Dataset records
┌──

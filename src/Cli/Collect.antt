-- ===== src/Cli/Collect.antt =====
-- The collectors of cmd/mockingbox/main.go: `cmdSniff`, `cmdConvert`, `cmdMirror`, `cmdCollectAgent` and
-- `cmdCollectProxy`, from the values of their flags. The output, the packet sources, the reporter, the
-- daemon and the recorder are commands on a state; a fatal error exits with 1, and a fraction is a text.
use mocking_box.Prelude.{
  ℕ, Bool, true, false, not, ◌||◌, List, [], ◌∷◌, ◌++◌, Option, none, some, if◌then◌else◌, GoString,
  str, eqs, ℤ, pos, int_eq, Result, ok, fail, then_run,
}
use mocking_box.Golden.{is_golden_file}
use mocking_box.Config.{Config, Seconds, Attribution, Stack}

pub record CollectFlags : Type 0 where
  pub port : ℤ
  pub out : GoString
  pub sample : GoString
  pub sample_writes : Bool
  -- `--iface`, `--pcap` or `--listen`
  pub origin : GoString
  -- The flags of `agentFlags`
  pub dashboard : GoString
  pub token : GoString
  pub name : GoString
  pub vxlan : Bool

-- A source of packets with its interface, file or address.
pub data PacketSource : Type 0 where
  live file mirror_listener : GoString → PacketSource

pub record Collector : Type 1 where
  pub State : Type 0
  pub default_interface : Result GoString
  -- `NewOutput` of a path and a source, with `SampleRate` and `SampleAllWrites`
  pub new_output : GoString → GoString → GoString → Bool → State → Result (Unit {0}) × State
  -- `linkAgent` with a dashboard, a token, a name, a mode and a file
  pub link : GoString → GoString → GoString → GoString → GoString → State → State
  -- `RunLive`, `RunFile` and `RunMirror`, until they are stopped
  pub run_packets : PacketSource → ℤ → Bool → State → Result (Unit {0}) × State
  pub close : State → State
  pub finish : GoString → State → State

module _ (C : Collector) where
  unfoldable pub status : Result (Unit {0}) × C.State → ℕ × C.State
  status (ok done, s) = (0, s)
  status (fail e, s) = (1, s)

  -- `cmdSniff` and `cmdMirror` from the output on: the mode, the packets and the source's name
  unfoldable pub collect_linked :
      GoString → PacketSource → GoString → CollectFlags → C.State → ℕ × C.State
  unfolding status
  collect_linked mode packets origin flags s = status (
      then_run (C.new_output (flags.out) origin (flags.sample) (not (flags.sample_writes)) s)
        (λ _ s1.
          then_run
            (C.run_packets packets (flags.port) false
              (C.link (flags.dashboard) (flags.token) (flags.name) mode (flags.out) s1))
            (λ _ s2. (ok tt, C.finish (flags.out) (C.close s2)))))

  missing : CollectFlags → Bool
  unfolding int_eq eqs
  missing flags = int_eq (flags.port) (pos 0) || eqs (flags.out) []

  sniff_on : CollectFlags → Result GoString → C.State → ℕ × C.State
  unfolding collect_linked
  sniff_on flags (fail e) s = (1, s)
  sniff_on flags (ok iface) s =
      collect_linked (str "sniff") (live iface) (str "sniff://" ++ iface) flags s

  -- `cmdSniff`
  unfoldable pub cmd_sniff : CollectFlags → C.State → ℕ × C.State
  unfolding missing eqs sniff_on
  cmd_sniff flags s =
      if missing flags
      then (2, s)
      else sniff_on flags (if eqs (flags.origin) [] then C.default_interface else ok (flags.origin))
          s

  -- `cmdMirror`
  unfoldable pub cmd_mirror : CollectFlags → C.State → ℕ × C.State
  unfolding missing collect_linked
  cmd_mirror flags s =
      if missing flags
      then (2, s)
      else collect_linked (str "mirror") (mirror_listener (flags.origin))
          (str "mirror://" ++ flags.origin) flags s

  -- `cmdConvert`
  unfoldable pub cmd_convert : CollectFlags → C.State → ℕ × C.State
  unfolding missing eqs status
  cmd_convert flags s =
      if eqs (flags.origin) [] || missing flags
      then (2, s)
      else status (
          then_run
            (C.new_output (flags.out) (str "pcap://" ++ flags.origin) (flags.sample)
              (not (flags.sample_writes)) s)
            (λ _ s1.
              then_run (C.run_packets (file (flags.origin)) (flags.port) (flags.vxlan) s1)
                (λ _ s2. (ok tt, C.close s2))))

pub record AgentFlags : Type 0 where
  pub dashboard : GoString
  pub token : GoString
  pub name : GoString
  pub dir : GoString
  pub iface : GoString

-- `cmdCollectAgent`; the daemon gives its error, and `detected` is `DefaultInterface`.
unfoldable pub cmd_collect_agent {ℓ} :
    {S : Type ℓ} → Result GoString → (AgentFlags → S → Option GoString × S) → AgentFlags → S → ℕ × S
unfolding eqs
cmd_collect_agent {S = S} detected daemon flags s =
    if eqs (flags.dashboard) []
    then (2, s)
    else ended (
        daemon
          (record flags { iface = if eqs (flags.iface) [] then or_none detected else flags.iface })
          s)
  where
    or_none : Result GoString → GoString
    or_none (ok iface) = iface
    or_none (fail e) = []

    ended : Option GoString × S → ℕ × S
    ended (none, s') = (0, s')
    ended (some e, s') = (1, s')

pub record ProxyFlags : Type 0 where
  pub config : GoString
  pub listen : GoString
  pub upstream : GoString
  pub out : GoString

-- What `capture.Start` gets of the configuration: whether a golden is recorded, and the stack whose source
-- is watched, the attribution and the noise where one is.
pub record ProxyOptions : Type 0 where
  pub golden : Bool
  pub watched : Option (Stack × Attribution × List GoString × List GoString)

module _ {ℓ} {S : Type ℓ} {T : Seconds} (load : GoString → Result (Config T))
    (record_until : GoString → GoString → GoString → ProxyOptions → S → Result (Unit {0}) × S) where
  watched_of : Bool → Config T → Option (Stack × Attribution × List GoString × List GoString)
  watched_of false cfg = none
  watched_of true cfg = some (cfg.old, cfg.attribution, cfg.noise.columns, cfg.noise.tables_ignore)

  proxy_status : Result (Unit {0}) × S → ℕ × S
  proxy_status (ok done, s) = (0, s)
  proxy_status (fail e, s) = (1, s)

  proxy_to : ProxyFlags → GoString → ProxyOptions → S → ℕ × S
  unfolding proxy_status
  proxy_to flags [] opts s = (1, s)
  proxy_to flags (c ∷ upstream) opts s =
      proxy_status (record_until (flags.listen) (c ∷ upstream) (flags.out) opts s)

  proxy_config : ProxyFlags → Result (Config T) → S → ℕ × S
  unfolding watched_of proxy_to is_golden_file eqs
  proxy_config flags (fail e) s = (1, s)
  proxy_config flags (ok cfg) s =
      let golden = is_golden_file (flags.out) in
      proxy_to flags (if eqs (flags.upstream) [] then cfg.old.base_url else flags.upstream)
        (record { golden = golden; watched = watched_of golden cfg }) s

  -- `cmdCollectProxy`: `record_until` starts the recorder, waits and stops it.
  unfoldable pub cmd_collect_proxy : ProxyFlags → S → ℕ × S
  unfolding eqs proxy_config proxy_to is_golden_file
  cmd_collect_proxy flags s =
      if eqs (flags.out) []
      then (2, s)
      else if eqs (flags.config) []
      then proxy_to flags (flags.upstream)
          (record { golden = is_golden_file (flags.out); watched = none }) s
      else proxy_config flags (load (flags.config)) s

└──
┌──

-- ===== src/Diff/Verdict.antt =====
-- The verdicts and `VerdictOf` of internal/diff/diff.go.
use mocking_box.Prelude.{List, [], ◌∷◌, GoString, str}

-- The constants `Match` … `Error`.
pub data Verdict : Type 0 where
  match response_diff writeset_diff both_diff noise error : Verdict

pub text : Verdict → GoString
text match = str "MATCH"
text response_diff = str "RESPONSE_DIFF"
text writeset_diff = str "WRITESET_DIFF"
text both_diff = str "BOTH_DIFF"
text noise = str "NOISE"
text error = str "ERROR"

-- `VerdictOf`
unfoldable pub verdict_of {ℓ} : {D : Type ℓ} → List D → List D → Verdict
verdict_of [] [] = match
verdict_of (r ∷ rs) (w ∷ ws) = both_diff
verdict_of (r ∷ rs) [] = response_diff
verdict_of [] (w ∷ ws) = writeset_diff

└──
┌──

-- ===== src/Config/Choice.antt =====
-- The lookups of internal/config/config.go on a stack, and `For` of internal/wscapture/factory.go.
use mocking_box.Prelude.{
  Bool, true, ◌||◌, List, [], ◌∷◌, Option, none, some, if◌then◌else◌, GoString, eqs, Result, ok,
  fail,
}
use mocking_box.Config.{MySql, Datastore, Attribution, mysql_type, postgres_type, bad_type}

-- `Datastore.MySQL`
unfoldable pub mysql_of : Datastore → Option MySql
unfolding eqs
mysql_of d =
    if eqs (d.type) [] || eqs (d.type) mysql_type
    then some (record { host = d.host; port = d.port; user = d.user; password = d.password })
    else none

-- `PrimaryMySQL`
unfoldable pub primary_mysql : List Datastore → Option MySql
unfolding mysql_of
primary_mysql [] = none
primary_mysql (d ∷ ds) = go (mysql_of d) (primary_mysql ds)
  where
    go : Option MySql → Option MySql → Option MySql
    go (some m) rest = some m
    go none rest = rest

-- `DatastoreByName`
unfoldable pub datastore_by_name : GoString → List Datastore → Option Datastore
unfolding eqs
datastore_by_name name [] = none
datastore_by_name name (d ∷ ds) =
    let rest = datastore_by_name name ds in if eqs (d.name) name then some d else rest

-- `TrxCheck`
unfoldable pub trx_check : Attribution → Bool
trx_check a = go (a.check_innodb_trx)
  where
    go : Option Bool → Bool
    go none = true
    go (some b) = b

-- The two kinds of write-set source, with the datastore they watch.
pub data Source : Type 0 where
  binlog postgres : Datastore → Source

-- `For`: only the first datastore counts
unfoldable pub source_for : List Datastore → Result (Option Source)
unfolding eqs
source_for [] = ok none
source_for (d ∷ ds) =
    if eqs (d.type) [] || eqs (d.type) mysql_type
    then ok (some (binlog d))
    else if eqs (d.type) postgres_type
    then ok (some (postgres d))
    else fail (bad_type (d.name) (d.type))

└──

Send back an exact copy of only the lines from the line with "filename src/Cli/Collect.antt" up to and including the line with "pub vxlan : Bool" in the data above.

filename src/Cli/Collect.antt
-- ===== src/Cli/Collect.antt =====
-- The collectors of cmd/mockingbox/main.go: `cmdSniff`, `cmdConvert`, `cmdMirror`, `cmdCollectAgent` and
-- `cmdCollectProxy`, from the values of their flags. The output, the packet sources, the reporter, the
-- daemon and the recorder are commands on a state; a fatal error exits with 1, and a fraction is a text.
use mocking_box.Prelude.{
  ℕ, Bool, true, false, not, ◌||◌, List, [], ◌∷◌, ◌++◌, Option, none, some, if◌then◌else◌, GoString,
  str, eqs, ℤ, pos, int_eq, Result, ok, fail, then_run,
}
use mocking_box.Golden.{is_golden_file}
use mocking_box.Config.{Config, Seconds, Attribution, Stack}

pub record CollectFlags : Type 0 where
  pub port : ℤ
  pub out : GoString
  pub sample : GoString
  pub sample_writes : Bool
  -- `--iface`, `--pcap` or `--listen`
  pub origin : GoString
  -- The flags of `agentFlags`
  pub dashboard : GoString
  pub token : GoString
  pub name : GoString
  pub vxlan : Bool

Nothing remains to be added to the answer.